- Born: John Barron Webster 8 July 1931 Maud, Aberdeenshire, Scotland
- Died: 17 March 2020 (aged 88) Glasgow, Scotland
- Education: Robert Gordon's College
- Occupations: Journalist; author;
- Spouse: Eden Keith (m. 1956–1990; her death)

= Jack Webster (Scottish journalist) =

Scottish journalist (1931–2020)

John Barron Webster (8 July 1931 – 17 March 2020) was a Scottish journalist and an author. He wrote eighteen books and the BBC television series The Webster Trilogy.

== Early life ==
Webster was born in 1931 in Fedderate Cottages, Maud, Aberdeenshire, to John Sr and Edith Margaret Barron. His father worked as an auctioneer at the local cattle market.

After attending Maud Primary School, Webster graduated from Aberdeen's Robert Gordon's College. He left school at the age of 14, after a combination of rheumatic fever and a dislike of his headmaster. He also survived a heart condition during his teenage years.

== Career ==
In the late 1940s, Webster began working at the Turriff Advertiser.

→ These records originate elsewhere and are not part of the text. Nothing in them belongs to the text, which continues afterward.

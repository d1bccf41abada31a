-- ===== src/Bytes/Ints.antt =====
-- packages/bytes/src/index.ts: the unsigned integer types U8 to U64BE, as DataView reads and writes
-- them. A value is its bit pattern; a write keeps the value modulo its width.
use distro.Common.{
  ℕ, zero, suc, ◌+◌, ◌-◌, ◌*◌, ◌/◌, ◌%◌, ◌≤◌, ◌<◌, ◌≡◌, refl, sym, ap, ◌∙◌, ◌⊎◌, inl, inr, Bool,
  true, false, List, [], ◌∷◌, ◌++◌, Result, ok, throw, leb, if◌then◌else◌, take, drop, length,
  arith, length-append, length-take, length-drop, take-append_exact, drop-append_exact, le→leb, All,
  drop-append_ge, drop-drop,
}
use mathlib.Core.Path.{subst}
use mathlib.Core.List.{reverse, reverse-reverse, reverse-append}

abbrev pub IsByte : ℕ → Type 0
IsByte b = b < 256

pub data RangeError : Type 0 where
  out_of_bounds past_end unterminated bad_utf8 : RangeError

-- How the platform's DataView lays out an unsigned integer.
pub record Format : Type 0 where
  pub size : ℕ
  pub little_endian : Bool

abbrev pub uint8 : Format
uint8 = record { size = 1; little_endian = false }

abbrev pub uint16_le : Format
uint16_le = record { size = 2; little_endian = true }

abbrev pub uint32_le : Format
uint32_le = record { size = 4; little_endian = true }

abbrev pub uint64_le : Format
uint64_le = record { size = 8; little_endian = true }

abbrev pub uint16_be : Format
uint16_be = record { size = 2; little_endian = false }

abbrev pub uint32_be : Format
uint32_be = record { size = 4; little_endian = false }

abbrev pub uint64_be : Format
uint64_be = record { size = 8; little_endian = false }

-- The lowest `n` bytes of `v`, the lowest first.
unfoldable pub low_bytes : ℕ → ℕ → List ℕ
low_bytes zero v = []
low_bytes (suc n) v = v % 256 ∷ low_bytes n (v / 256)

unfoldable pub of_low_bytes : List ℕ → ℕ
of_low_bytes [] = 0
of_low_bytes (b ∷ bs) = b + 256 * of_low_bytes bs

unfoldable pub encode : Format → ℕ → List ℕ
unfolding low_bytes
encode t v = if t.little_endian then low_bytes t.size v else reverse (low_bytes t.size v)

unfoldable pub decode : Format → List ℕ → ℕ
unfolding of_low_bytes
decode t bytes = if t.little_endian then of_low_bytes bytes else of_low_bytes (reverse bytes)

-- `getUint8` to `getBigUint64`, and the writes.
unfoldable pub get_uint : Format → List ℕ → ℕ → Result RangeError ℕ
get_uint t dv offset =
    if leb (offset + t.size) (length dv)
    then ok (decode t (take t.size (drop offset dv)))
    else throw out_of_bounds

unfoldable pub set_uint : Format → List ℕ → ℕ → ℕ → Result RangeError (List ℕ)
set_uint t dv offset value =
    if leb (offset + t.size) (length dv)
    then ok (take offset dv ++ (encode t value ++ drop (offset + t.size) dv))
    else throw out_of_bounds

-- `Type<number>` and `Type<bigint>`: a size and two functions.
pub record IntType : Type 0 where
  pub size : ℕ
  pub get : List ℕ → ℕ → Result RangeError ℕ
  pub set : List ℕ → ℕ → ℕ → Result RangeError (List ℕ)

abbrev pub u8 : IntType
u8 = record {
  size = 1;
  get = λ dv offset. get_uint uint8 dv offset;
  set = λ dv offset value. set_uint uint8 dv offset value;
}

abbrev pub u16_le : IntType
u16_le = record {
  size = 2;
  get = λ dv offset. get_uint uint16_le dv offset;
  set = λ dv offset value. set_uint uint16_le dv offset value;
}

abbrev pub u32_le : IntType
u32_le = record {
  size = 4;
  get = λ dv offset. get_uint uint32_le dv offset;
  set = λ dv offset value. set_uint uint32_le dv offset value;
}

abbrev pub u64_le : IntType
u64_le = record {
  size = 8;
  get = λ dv offset. get_uint uint64_le dv offset;
  set = λ dv offset value. set_uint uint64_le dv offset value;
}

abbrev pub u16_be : IntType
u16_be = record {
  size = 2;
  get = λ dv offset. get_uint uint16_be dv offset;
  set = λ dv offset value. set_uint uint16_be dv offset value;
}

abbrev pub u32_be : IntType
u32_be = record {
  size = 4;
  get = λ dv offset. get_uint uint32_be dv offset;
  set = λ dv offset value. set_uint uint32_be dv offset value;
}

abbrev pub u64_be : IntType
u64_be = record {
  size = 8;
  get = λ dv offset. get_uint uint64_be dv offset;
  set = λ dv offset value. set_uint uint64_be dv offset value;
}

length-low_bytes : (n v : ℕ) → length (low_bytes n v) ≡ n
unfolding low_bytes
length-low_bytes zero v = refl
length-low_bytes (suc n) v = ap suc (length-low_bytes n (v / 256))

length-reverse {ℓ} : {A : Type ℓ} (xs : List A) → length (reverse xs) ≡ length xs
length-reverse [] = refl
length-reverse (x ∷ xs) =
    rw (reverse-append (x ∷ []) xs)
      (omega (arith, length-append (reverse xs) (x ∷ []), length-reverse xs))

pub length-encode : (t : Format) (v : ℕ) → length (encode t v) ≡ t.size
unfolding encode
length-encode t v = ground (arith, length-low_bytes t.size v, length-reverse (low_bytes t.size v))

-- The numbers that `n` bytes hold.
unfoldable pub range : ℕ → ℕ
range zero = 1
range (suc n) = 256 * range n

of_low_bytes-low_bytes : (n v : ℕ) → v < range n → of_low_bytes (low_bytes n v) ≡ v
unfolding of_low_bytes low_bytes range
of_low_bytes-low_bytes zero v h = omega arith
of_low_bytes-low_bytes (suc n) v h = omega (arith, of_low_bytes-low_bytes n (v / 256) (omega arith))

pub decode-encode : (t : Format) (v : ℕ) → v < range t.size → decode t (encode t v) ≡ v
unfolding decode encode
decode-encode t v h = ground (
  arith,
  of_low_bytes-low_bytes t.size v h,
  reverse-reverse (low_bytes t.size v),
  ap of_low_bytes (reverse-reverse (low_bytes t.size v)),
)

-- What `get` returns fits the type, if the array holds bytes.
of_low_bytes-lt : (bs : List ℕ) → All IsByte bs → of_low_bytes bs < range (length bs)
unfolding of_low_bytes range
of_low_bytes-lt [] h = omega arith
of_low_bytes-lt (b ∷ bs) (p, h) = omega (arith, of_low_bytes-lt bs h)

splice : List ℕ → ℕ → List ℕ → List ℕ
splice dv o xs = take o dv ++ (xs ++ drop (o + length xs) dv)

length-splice :
    (dv : List ℕ) (o : ℕ) (xs : List ℕ)
    → o + length xs ≤ length dv
    → length (splice dv o xs) ≡ length dv
unfolding splice
length-splice dv o xs h = omega (
  arith,
  length-append (take o dv) (xs ++ drop (o + length xs) dv),
  length-append xs (drop (o + length xs) dv),
  length-take o dv,
  length-drop (o + length xs) dv,
)

slice-splice_self :
    (dv : List ℕ) (o : ℕ) (xs : List ℕ)
    → o + length xs ≤ length dv
    → take (length xs) (drop o (splice dv o xs)) ≡ xs
unfolding splice
slice-splice_self dv o xs h =
    rw (drop-append_exact o (take o dv) _ (omega (arith, length-take o dv)))
      (take-append_exact (length xs) xs _ refl)

slice-append_before :
    (n p o : ℕ) (dv ys : List ℕ)
    → p + n ≤ o
    → o ≤ length dv
    → take n (drop p (take o dv ++ ys)) ≡ take n (drop p dv)
slice-append_before zero p o dv ys h k = refl
slice-append_before (suc n) p zero dv ys h k = absurd (omega arith)
slice-append_before (suc n) p (suc o) [] ys h k = absurd (omega arith)
slice-append_before (suc n) zero (suc o) (x ∷ dv) ys h k =
    ap (λ r. x ∷ r) (slice-append_before n 0 o dv ys (omega arith) (omega arith))
slice-append_before (suc n) (suc p) (suc o) (x ∷ dv) ys h k =
    slice-append_before (suc n) p o dv ys (omega arith) (omega arith)

drop-splice_after :
    (dv : List ℕ) (o p : ℕ) (xs : List ℕ)
    → o + length xs ≤ length dv
    → o + length xs ≤ p
    → drop p (splice dv o xs) ≡ drop p dv
unfolding splice
drop-splice_after dv o p xs h k =
    let front : length (take o dv) ≡ o = omega (arith, length-take o dv) in
    let back : o + length xs + (p - o - length xs) ≡ p = omega arith in
    drop-append_ge p (take o dv) _ (omega arith)
    ∙ rw front (
        drop-append_ge (p - o) xs _ (omega arith)
        ∙ drop-drop (p - o - length xs) (o + length xs) dv
        ∙ ap (λ k. drop k dv) back)

-- Two ranges of bytes that do not meet.
abbrev pub Apart : ℕ → ℕ → ℕ → ℕ → Type 0
Apart o m p n = (p + n ≤ o) ⊎ (o + m ≤ p)

slice-splice-Apart :
    (dv : List ℕ) (o p n : ℕ) (xs : List ℕ)
    → o + length xs ≤ length dv
    → Apart o (length xs) p n
    → take n (drop p (splice dv o xs)) ≡ take n (drop p dv)
unfolding splice
slice-splice-Apart dv o p n xs h (inl k) = slice-append_before n p o dv _ k (omega arith)
slice-splice-Apart dv o p n xs h (inr k) = ap (take n) (drop-splice_after dv o p xs h k)

-- What a write at `offset` leaves: it succeeds in bounds, keeps the array's length, is read back, and
-- changes no integer that lies apart from it.
abbrev WritesAt : IntType → IntType → Type 0
WritesAt t u =
    (dv : List ℕ) (offset value p : ℕ)
    → offset + t.size ≤ length dv
    → value < range t.size
    → Apart offset t.size p u.size
    → (dv' : List ℕ) × (t.set dv offset value ≡ ok dv')
      × (length dv' ≡ length dv)
      × (t.get dv' offset ≡ ok value)
      × (u.get dv' p ≡ u.get dv p)

-- A type that reads and writes the same layout.
abbrev typed : Format → IntType
typed f = record {
  size = f.size;
  get = λ dv offset. get_uint f dv offset;
  set = λ dv offset value. set_uint f dv offset value;
}

typed-WritesAt : (t u : Format) → WritesAt (typed t) (typed u)
unfolding set_uint get_uint
typed-WritesAt t u dv offset value p h v a =
    let xs : List ℕ = encode t value in
    let w : length xs ≡ t.size = length-encode t value in
    let in_bounds : offset + length xs ≤ length dv = omega arith in
    let slice : take t.size (drop offset (splice dv offset xs)) ≡ xs =
      subst (λ n. take n (drop offset (splice dv offset xs)) ≡ xs) w
        (slice-splice_self dv offset xs in_bounds) in
    let same : length (splice dv offset xs) ≡ length dv = length-splice dv offset xs in_bounds in
    (
      splice dv offset xs,
      rw (le→leb _ _ h) (unfold splice in rw w refl),
      same,
      rw (same, le→leb _ _ h, slice) (ap ok (decode-encode t value v)),
      rw (same, slice-splice-Apart dv offset p u.size xs in_bounds (rw w a)) refl,
    )

-- The library's unsigned types.
pub data IsIntType : IntType → Type 0 where
  is_u8 : IsIntType u8
  is_u16_le : IsIntType u16_le
  is_u32_le : IsIntType u32_le
  is_u64_le : IsIntType u64_le
  is_u16_be : IsIntType u16_be
  is_u32_be : IsIntType u32_be
  is_u64_be : IsIntType u64_be

IsIntType-typed : (t : IntType) → IsIntType t → (f : Format) × (t ≡ typed f)
IsIntType-typed _ is_u8 = (uint8, refl)
IsIntType-typed _ is_u16_le = (uint16_le, refl)
IsIntType-typed _ is_u32_le = (uint32_le, refl)
IsIntType-typed _ is_u64_le = (uint64_le, refl)
IsIntType-typed _ is_u16_be = (uint16_be, refl)
IsIntType-typed _ is_u32_be = (uint32_be, refl)
IsIntType-typed _ is_u64_be = (uint64_be, refl)

-- For any two of the unsigned types: in bounds, a value of the first one's range is written by its
-- `set`: the array keeps its length, the type's own `get` reads the value back, and a field of the
-- second type that lies apart from it reads as before.
pub get-set :
    (t u : IntType) (dv : List ℕ) (offset value p : ℕ)
    → IsIntType t
    → IsIntType u
    → offset + t.size ≤ length dv
    → value < range t.size
    → Apart offset t.size p u.size
    → (dv' : List ℕ) × (t.set dv offset value ≡ ok dv')
      × (length dv' ≡ length dv)
      × (t.get dv' offset ≡ ok value)
      × (u.get dv' p ≡ u.get dv p)
get-set t u dv offset value p i j h v a =
    let (f, e) = IsIntType-typed t i in
    let (g, d) = IsIntType-typed u j in
    let law : WritesAt t u =
      subst (λ q. WritesAt q u) (sym e)
        (subst (λ q. WritesAt (typed f) q) (sym d) (typed-WritesAt f g)) in
    law dv offset value p h v a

He later moved to Aberdeen and began working at The Press and Journal, before joining the Scottish Daily Express in 1960. He worked for a period in the New York offices of the Express.

In the 1960s, Webster ghost wrote for Muhammad Ali. They met at a hotel in Giffnock, East Renfrewshire, in 1965.

One of Webster's noted meetings was with the elusive Charlie Chaplin, whom he tracked down to a hotel in Banchory, Aberdeenshire. As Chaplin signed a few autographs for Webster, the journalist reminded Chaplin that he once played the Tivoli Theatre in Aberdeen. Webster then convinced him to revisit the theatre one more time.

He wrote and appeared in the award-winning BBC documentary Webster's Roup, after which he returned to his family's farm following the death of his father in 1977.

Webster became a freelance writer for the Glasgow Herald in the 1980s.

In 1996, Webster was named Bank of Scotland Columnist of the Year. He also won UK Speaker of the Year, which earned him additional recognition, made more significant by his having overcome a speech impediment.

== Personal life ==
In 1956, Webster married Eden, with whom he had three sons, each of whom became journalists. Webster became a widower in 1990.

Webster had an affinity for the United States, especially Hollywood, visiting on many occasions. He sailed there on the RMS Queen Mary, initially, then its sister ship, the RMS Queen Elizabeth.

He was awarded an honorary degree by Aberdeen University in 2000.

In 2004, Webster gave the Founder's Day speech at Robert Gordon's College, his alma mater. He received an honorary doctorate from the college four years later.

Webster was awarded the British Empire Medal in 2012 for his services to journalism.

He was a keen ballroom dancer and a supporter of Aberdeen F.C. He wrote a history of the club for its centenary in 2003.

== Death ==
Webster died in Glasgow in 2020, of complications related to Alzheimer's disease, aged 88.

== Bibliography ==
Webster wrote eighteen books, including his three-volume memoir: A Grain of Truth (1981), Another Grain of Truth (1988) and A Final Grain of Truth (2013).